[Asia Economy New York=Special Correspondent Joselgina] Jamie Dimon, CEO of JP Morgan Chase, known as the "Emperor of Wall Street," warned on the 6th (local time) that high inflation would derail the economy and lead to a recession in the United States next year. He also expressed concern that raising the benchmark interest rate to the 5% range might still be insufficient to curb inflation.
Dimon appeared on CNBC's Squawk Box that day and stated, "Inflation is eating everything up."

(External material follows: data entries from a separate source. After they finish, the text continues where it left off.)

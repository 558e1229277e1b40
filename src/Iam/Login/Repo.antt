-- ===== src/Iam/Login/Repo.antt =====
-- app/iam/service/internal/data: authn.go, errors.go and the lookup of a user in user.go. The
-- repositories of the login sessions, of the token sessions and of the passwords.
use servora_platform.Common.{
  ℕ, ◌+◌, ◌*◌, String, ◌==◌, Bool, not, ◌&&◌, ◌||◌, List, [], ◌∷◌, Option, none, some, is_none,
  is_some, ltb, eqb, map, if◌then◌else◌,
}
use servora_platform.Iam.Schema.{User, LoginIdentifier, LoginSession, TokenSession}
use servora_platform.Iam.Schema.Tables.{
  users, identifiers, authenticators, passwords, login_sessions, token_sessions, access_tokens,
  refresh_tokens,
}
use servora_platform.Iam.Store.{
  Error, M, ◌>>=◌, ◌>>◌, pure, raise, map_error, missing_as, if_missing, when, not_found,
  already_exists, mutation_miss, inconsistent, missing_argument, now, new_id, query, only, update,
  update_one, insert, in_tx,
}
use servora_platform.Iam.Oidc.Requests.{hour, contains}

abbrev pub login_session_idle_ttl : ℕ
login_session_idle_ttl = 7 * (24 * hour)

abbrev pub login_session_absolute_ttl : ℕ
login_session_absolute_ttl = 30 * (24 * hour)

unfoldable pub translate_ent_error : Error → Error
translate_ent_error Error.ent_not_found = not_found
translate_ent_error Error.constraint = already_exists
translate_ent_error e = e

-- `if now.IsZero()`: the zero time stands for the time of the call.
unfoldable pub time_or_now : ℕ → M ℕ
time_or_now t = if eqb t 0 then now else pure t

-- `sessionpb.Session`.
pub record Session : Type 0 where
  pub name : String
  pub session_id : String
  pub create_time : ℕ
  pub last_seen_time : ℕ
  pub idle_expires_time : ℕ
  pub absolute_expires_time : ℕ

unfoldable pub to_session : LoginSession → Session
to_session s = record {
  name = Prim.Native.String.◌++◌ "sessions/" s.id;
  session_id = s.id;
  create_time = s.create_time;
  last_seen_time = s.last_seen_time;
  idle_expires_time = s.idle_expires_time;
  absolute_expires_time = s.absolute_expires_time;
}

-- `sessionRepository.Create`.
unfoldable pub create_session : String → String → ℕ → M Session
create_session user_id secret_hash given = do
  id ← new_id
  t ← time_or_now given
  entity ← map_error translate_ent_error (
      insert login_sessions (record {
        id = id;
        user_id = user_id;
        secret_hash = secret_hash;
        create_time = t;
        last_seen_time = t;
        idle_expires_time = t + login_session_idle_ttl;
        absolute_expires_time = t + login_session_absolute_ttl;
        revoked_time = none;
      }))
  pure (to_session entity)

unfoldable pub find_by_secret_hash : String → M (Session × String × Bool)
find_by_secret_hash secret_hash = do
  entity ← map_error translate_ent_error (only login_sessions (λ s. s.secret_hash == secret_hash))
  pure (to_session entity, entity.user_id, is_some entity.revoked_time)

-- The idle expiry after a use at t, of a session with that absolute expiry.
unfoldable pub idle_expiry : ℕ → ℕ → ℕ
idle_expiry t absolute =
    let idle = t + login_session_idle_ttl in if ltb absolute idle then absolute else idle

unfoldable pub touch : String → ℕ → M Session
touch id given = do
  t ← time_or_now given
  current ← map_error translate_ent_error (only login_sessions (λ s. s.id == id))
  updated ← map_error (missing_as mutation_miss) (
      update_one login_sessions
        (λ s.
          s.id == id
          && is_none s.revoked_time
          && ltb t s.idle_expires_time
          && ltb t s.absolute_expires_time)
        (λ s. record s {
          last_seen_time = t;
          idle_expires_time = idle_expiry t current.absolute_expires_time;
        }))
  pure (to_session updated)

-- `sessionRepository.Revoke`.
unfoldable pub revoke_session : String → ℕ → M (Unit {0})
revoke_session id given = do
  t ← time_or_now given
  map_error translate_ent_error (
      if_missing
        (do
          _ ←
              update_one login_sessions (λ s. s.id == id && is_none s.revoked_time)
                (λ s. record s { revoked_time = some t })
          pure tt)
        (pure tt))

unfoldable pub revoke_other_sessions : String → String → ℕ → M (Unit {0})
revoke_other_sessions user_id keep_session_id given = do
  t ← time_or_now given
  _ ← map_error translate_ent_error (
      update login_sessions
        (λ s. s.user_id == user_id && not (s.id == keep_session_id) && is_none s.revoked_time)
        (λ s. record s { revoked_time = some t }))
  pure tt

unfoldable pub revoke_all_sessions : String → ℕ → M (Unit {0})
revoke_all_sessions user_id given = do
  t ← time_or_now given
  _ ← map_error translate_ent_error (
      update login_sessions (λ s. s.user_id == user_id && is_none s.revoked_time)
        (λ s. record s { revoked_time = some t }))
  pure tt

-- `tokenSessionRepository.revoke`, on the sessions of the ids found.
unfoldable pub revoke_ids : List String → ℕ → M (Unit {0})
revoke_ids [] t = pure tt
revoke_ids (i ∷ is) t = do
  _ ←
      update token_sessions (λ s. contains (i ∷ is) s.id && is_none s.revoked_time)
        (λ s. record s { revoked_time = some t })
  _ ←
      update access_tokens (λ a. contains (i ∷ is) a.token_session_id && is_none a.revoked_time)
        (λ a. record a { revoked_time = some t })
  _ ←
      update refresh_tokens (λ r. contains (i ∷ is) r.token_session_id && is_none r.revoked_time)
        (λ r. record r { revoked_time = some t })
  pure tt

unfoldable pub revoke_token_sessions : ℕ → (TokenSession → Bool) → M (Unit {0})
revoke_token_sessions t p = in_tx (
    map_error translate_ent_error
      (do found ← query token_sessions p; revoke_ids (map (λ s. s.id) found) t))

unfoldable pub revoke_for_login_session : String → ℕ → M (Unit {0})
revoke_for_login_session login_session_id given = if login_session_id == "" then pure tt else do
  t ← time_or_now given
  revoke_token_sessions t (λ s. s.iam_login_session_id == login_session_id)

unfoldable pub revoke_all_for_user : String → ℕ → M (Unit {0})
revoke_all_for_user user_id given =
    if user_id == ""
    then pure tt
    else do t ← time_or_now given; revoke_token_sessions t (λ s. s.user_id == user_id)

pub record PasswordCredential : Type 0 where
  pub user_id : String
  pub authenticator_id : String
  pub password_hash : String

unfoldable pub find_active_password : String → M PasswordCredential
find_active_password user_id = do
  entity ← map_error translate_ent_error (
      only authenticators (λ a.
        a.user_id == user_id
        && a.type == "password"
        && a.state == "active"
        && is_none a.revoked_time))
  password ← map_error translate_ent_error (only passwords (λ p. p.authenticator_id == entity.id))
  pure (record {
    user_id = user_id;
    authenticator_id = entity.id;
    password_hash = password.password_hash;
  })

unfoldable pub replace_password : String → String → String → ℕ → M (Unit {0})
replace_password user_id authenticator_id password_hash given = do
  when (user_id == "" || authenticator_id == "" || password_hash == "") missing_argument
  t ← time_or_now given
  in_tx (
      map_error translate_ent_error (do
        entity ← only authenticators (λ a.
            a.id == authenticator_id
            && a.user_id == user_id
            && a.type == "password"
            && a.state == "active"
            && is_none a.revoked_time)
        password ← only passwords (λ p. p.authenticator_id == entity.id)
        _ ←
            update_one passwords (λ p. p.id == password.id)
              (λ p. record p { password_hash = password_hash })
        _ ←
            update_one authenticators (λ a. a.id == entity.id)
              (λ a. record a { last_used_time = some t; update_time = t })
        pure tt))

pub data UserStatus : Type 0 where
  unspecified pending_email_verification active disabled : UserStatus

unfoldable pub to_status : String → UserStatus
to_status s =
    if s == "pending_verification"
    then UserStatus.pending_email_verification
    else (if s == "active"
        then UserStatus.active
        else (if s == "disabled" then UserStatus.disabled else UserStatus.unspecified))

-- `userpb.User`: the row, with its status read and its email identifier.
pub record UserResource : Type 0 where
  pub entity : User
  pub status : UserStatus
  pub email : String
  pub email_verified : Bool

abbrev pub last_of : List LoginIdentifier → Option LoginIdentifier
last_of [] = none
last_of (i ∷ []) = some i
last_of (i ∷ j ∷ is) = last_of (j ∷ is)

-- `toResources` on one user: the email found last stands in the map.
unfoldable pub to_resource : User → Option LoginIdentifier → M UserResource
to_resource u none = raise inconsistent
to_resource u (some i) = pure (record {
  entity = u;
  status = to_status u.status;
  email = i.display_value;
  email_verified = is_some i.verified_time;
})

-- `userRepository.Get`.
unfoldable pub get_user : String → M UserResource
get_user id = do
  entity ← map_error translate_ent_error (only users (λ u. u.id == id))
  found ←
      map_error translate_ent_error
        (query identifiers (λ i. i.user_id == entity.id && i.type == "email"))
  to_resource entity (last_of found)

He began by noting that consumer and corporate conditions have been relatively good recently, evaluating that U.S. consumers saved $1.5 trillion through COVID-19 pandemic relief programs, which allowed them to increase spending by 10% compared to 2021. However, due to high inflation, it is analyzed that even that $1.5 trillion will be depleted by mid-next year.
Dimon expressed concern, saying, "These factors could derail the economy and cause a mild or severe recession as people fear."
This aligns with his earlier warnings since June that "an economic hurricane is coming soon." At that time, Dimon diagnosed that a U.S. recession was inevitable due to soaring inflation, steeper-than-expected benchmark interest rate hikes, unknown effects of quantitative easing (QE), and the prolonged Russian invasion of Ukraine.
Dimon evaluated, "We have not seen this kind of disruption in the world for a long time." However, he said it remains uncertain whether the U.S. recession next year will be mild or severe. He added, "What I said was a hurricane," but also noted, "The storm clouds could ease. As a risk manager, I prepare for both, but I cannot predict what will happen."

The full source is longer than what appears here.